Jakarta (ANTARA) - Ahli Hukum Tata Negara dari Universitas Andalas Feri Amsari menilai konsistensi atau keajekan pemilihan umum (pemilu) proporsional terbuka harus dijaga agar penyelenggara dan pemilih mengetahui kelebihan maupun kelemahan sistem tersebut.
“Keajekan sistem itu penting sehingga tetap digunakan. Paling penting dalam keajekan itu, penyelenggara paham sistemnya, peserta paham sistemnya, pemilih tahu sistemnya,” kata Feri Amsari dalam forum diskusi Denpasar 12 bertajuk, “Perubahan Sistem Pemilu dan Dampaknya bagi Demokrasi Indonesia”, disiarkan di kanal YouTube Rerie Lestari Moerdijat, dipantau dari Jakarta, Rabu.
Feri menjelaskan tidak ada sistem yang paling baik di dalam pemilihan umum. Sistem pemilihan umum harus dicocokkan dengan aspek konstitusional dan budaya politik suatu negara.
Sistem pemilu proporsional terbukalah yang cocok dengan aspek konstitusional dan budaya politik Indonesia, katanya.
“Dengan penjelasan aspek konstitusional dan dampak kondisi politik kita tadi, dengan money politics (politik uang) dan kondisi yang lain, yang paling cocok itu malah sistem proporsional terbuka,” ucapnya.

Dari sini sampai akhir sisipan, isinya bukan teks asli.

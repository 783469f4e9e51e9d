-- ===== src/Pl011.antt =====
-- The UART of src/dev/pl011.c: its state, the two byte rings and the callbacks. The rings are
-- arrays of 65536 and 16 bytes. The host's output sink is outside the repository: `has_sink`
-- tells whether one is installed, and `sent` records the bytes that it was handed, in order.
pub mod Bus
pub mod Run
pub mod Transmit
pub mod Receive
pub mod Invariant
mod Examples
use oemu.Common.{
  ℕ, zero, suc, ◌+◌, ◌-◌, ◌%◌, ◌^◌, bit_and, bit_or, Bool, true, false, ◌&&◌, Option, none, some,
  List, [], ◌∷◌, ◌++◌, Bank, update, leb, ◌==◌, ◌!=◌, if◌then◌else◌,
}
use oemu.Common.Word.{u8, u32, u64, complement, any_set}
use oemu.Common.Status.{Status, ok, err_invalid_arg, err_state, err_full, is_ok, MemSize, quad}

-- OEMU_PL011_TX_RING and OEMU_PL011_RX_RING
abbrev pub tx_ring : ℕ
tx_ring = 65536

abbrev pub rx_ring : ℕ
rx_ring = 16

-- The bits of CR that the model consults, and of RIS.
abbrev pub cr_uarten : ℕ
cr_uarten = 0x01

abbrev pub cr_fen : ℕ
cr_fen = 0x10

abbrev pub cr_lbe : ℕ
cr_lbe = 0x80

abbrev pub cr_rxe : ℕ
cr_rxe = 0x200

abbrev pub cr_reset : ℕ
cr_reset = bit_or 0x100 0x80

abbrev pub int_txis : ℕ
int_txis = 0x20

-- PL011_INT_RX, that is RXIS | RTIS
abbrev pub int_rx : ℕ
int_rx = bit_or 0x10 0x40

-- `oemu_pl011`, without the table of callbacks.
pub record Pl011 : Type 0 where
  pub dr : ℕ
  pub fr : ℕ
  pub cr : ℕ
  pub ibrd : ℕ
  pub fbrd : ℕ
  pub lcr_h : ℕ
  pub fifls : ℕ
  pub imsc : ℕ
  pub ris : ℕ
  pub tx : Bank
  pub tx_head : ℕ
  pub tx_count : ℕ
  pub rx : Bank
  pub rx_head : ℕ
  pub rx_tail : ℕ
  pub rx_count : ℕ
  pub tx_emitted : ℕ
  pub tx_dropped : ℕ
  pub rx_dropped : ℕ
  pub has_sink : Bool
  pub sent : List ℕ

-- `oemu_pl011_init`
unfoldable pub init : Bool → Pl011
init has_sink = record {
  dr = 0;
  fr = 0;
  cr = cr_reset;
  ibrd = 0;
  fbrd = 0;
  lcr_h = 0;
  fifls = 0;
  imsc = 0;
  ris = 0;
  tx = λ i. 0;
  tx_head = 0;
  tx_count = 0;
  rx = λ i. 0;
  rx_head = 0;
  rx_tail = 0;
  rx_count = 0;
  tx_emitted = 0;
  tx_dropped = 0;
  rx_dropped = 0;
  has_sink = has_sink;
  sent = [];
}

-- `oemu_pl011_internal_update_flags`: TXFE always, RXFE on an empty receive ring.
unfoldable pub flags : ℕ → ℕ
flags rx_count = if rx_count == 0 then bit_or 0x80 0x10 else 0x80

unfoldable pub update_flags : Pl011 → Pl011
update_flags uart = record uart { fr = flags uart.rx_count }

-- A call of the sink, where there is one.
pub emit : Pl011 → ℕ → Pl011
emit uart byte = if uart.has_sink then record uart { sent = uart.sent ++ (byte ∷ []) } else uart

-- The first step of `pl011_tx_push`: a full ring loses its oldest byte.
pub drop_oldest : Pl011 → Pl011
drop_oldest uart =
    if leb tx_ring uart.tx_count
    then record uart {
      tx_head = (uart.tx_head + 1) % tx_ring;
      tx_count = uart.tx_count - 1;
      tx_dropped = u64 (uart.tx_dropped + 1);
    }
    else uart

pub append_tx : Pl011 → ℕ → Pl011
append_tx uart byte = record uart {
  tx = update uart.tx ((uart.tx_head + uart.tx_count) % tx_ring) byte;
  tx_count = uart.tx_count + 1;
}

pub tx_push : Pl011 → ℕ → Pl011
tx_push uart byte = append_tx (drop_oldest uart) byte

-- `oemu_pl011_inject`, on a device that is there
unfoldable pub inject : Pl011 → ℕ → Status × Pl011
inject uart byte =
    if bit_and uart.cr (bit_or cr_uarten cr_rxe) != bit_or cr_uarten cr_rxe
    then (err_state, uart)
    else if leb rx_ring uart.rx_count
    then (err_full, uart)
    else (
      ok,
      update_flags (record uart {
        rx = update uart.rx uart.rx_tail byte;
        rx_tail = (uart.rx_tail + 1) % rx_ring;
        rx_count = uart.rx_count + 1;
        ris = bit_or uart.ris int_rx;
      }),
    )

-- A read of DR: the value and the state before the flags are refreshed.
pub pop_rx : Pl011 → ℕ × Pl011
pop_rx uart =
    if uart.rx_count != 0
    then (
      uart.rx uart.rx_head,
      record uart {
        rx_head = (uart.rx_head + 1) % rx_ring;
        rx_count = uart.rx_count - 1;
        ris = if uart.rx_count - 1 == 0 then bit_and uart.ris (complement 32 int_rx) else uart.ris;
      },
    )
    else (0, uart)

pub read_dr : Pl011 → ℕ × Pl011
read_dr uart = let (v, uart') = pop_rx uart in (v, update_flags uart')

-- The identification block at the end of the page.
pub read_id : ℕ → ℕ
read_id offset =
    if offset == 0xfe0
    then 0x11
    else if offset == 0xfe4
    then 0x10
    else if offset == 0xfe8
    then 0x14
    else if offset == 0xfec
    then 0x00
    else if offset == 0xff0
    then 0x0d
    else if offset == 0xff4
    then 0xf0
    else if offset == 0xff8
    then 0x05
    else if offset == 0xffc
    then 0xb1
    else 0

-- The registers that a read leaves alone.
pub read_register : Pl011 → ℕ → ℕ
read_register uart offset =
    if offset == 0x18
    then uart.fr
    else if offset == 0x20
    then 0
    else if offset == 0x24
    then uart.ibrd
    else if offset == 0x28
    then uart.fbrd
    else if offset == 0x2c
    then uart.lcr_h
    else if offset == 0x30
    then uart.cr
    else if offset == 0x34
    then uart.fifls
    else if offset == 0x04
    then 0
    else if offset == 0x38
    then uart.imsc
    else if offset == 0x44
    then 0
    else if offset == 0x3c
    then uart.ris
    else if offset == 0x40
    then bit_and uart.ris uart.imsc
    else read_id offset

-- `size > OEMU_MEM_DWORD`
pub is_too_wide : MemSize → Bool
is_too_wide quad = true
is_too_wide _ = false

Baca juga: Ahli hukum duga rencana ubah sistem pemilu untuk tunda pemilu
Baca juga: Ahli hukum heran rencana ubah sistem pemilu saat tahapan sudah jalan
Mengingat tidak ada sistem pemilu yang paripurna, Feri mengingatkan pentingnya untuk mempertahankan sistem politik yang sudah berlaku karena pihak penyelenggara pemilu, peserta pemilu, dan para pemilih sudah mengetahui kelebihan maupun kekurangan dari sistem.
“Aneh kalau di tengah jalan, bertahannya sistem ini digunakan di dalam beberapa kali pemilu hendak diganti. Harusnya, keajekan ini dipertahankan untuk pemahaman kita bersama dalam pemilu,” tutur Feri.
Walaupun memiliki kelemahan, ucapnya, masyarakat lebih mengerti sistem ini dibandingkan dengan konsep dari sistem pemilu yang baru.
“Tentu saja akan menimbulkan kegaduhan baru di tengah waktu kita menjelang pemilu,” kata Feri.
Sistem pemilu proporsional terbuka digugat ke MK oleh Demas Brian Wicaksono (pengurus Partai PDI Perjuangan (PDIP), Yuwono Pintadi, Fahrurrozi, Ibnu Rachman Jaya, Riyanto, serta Nono Marijono dengan Nomor 114/PUU-XX/2022.
Para pemohon mendalilkan Pasal 168 Ayat (2), Pasal 342 Ayat (2), Pasal 353 Ayat (1) huruf b, Pasal 386 Ayat (2) hutuf b, Pasal 420 huruf c dan huruf d, Pasal 422, Pasal 424 Ayat (2), Pasal 426 Ayat (3) bertentangan dengan UUD 1945.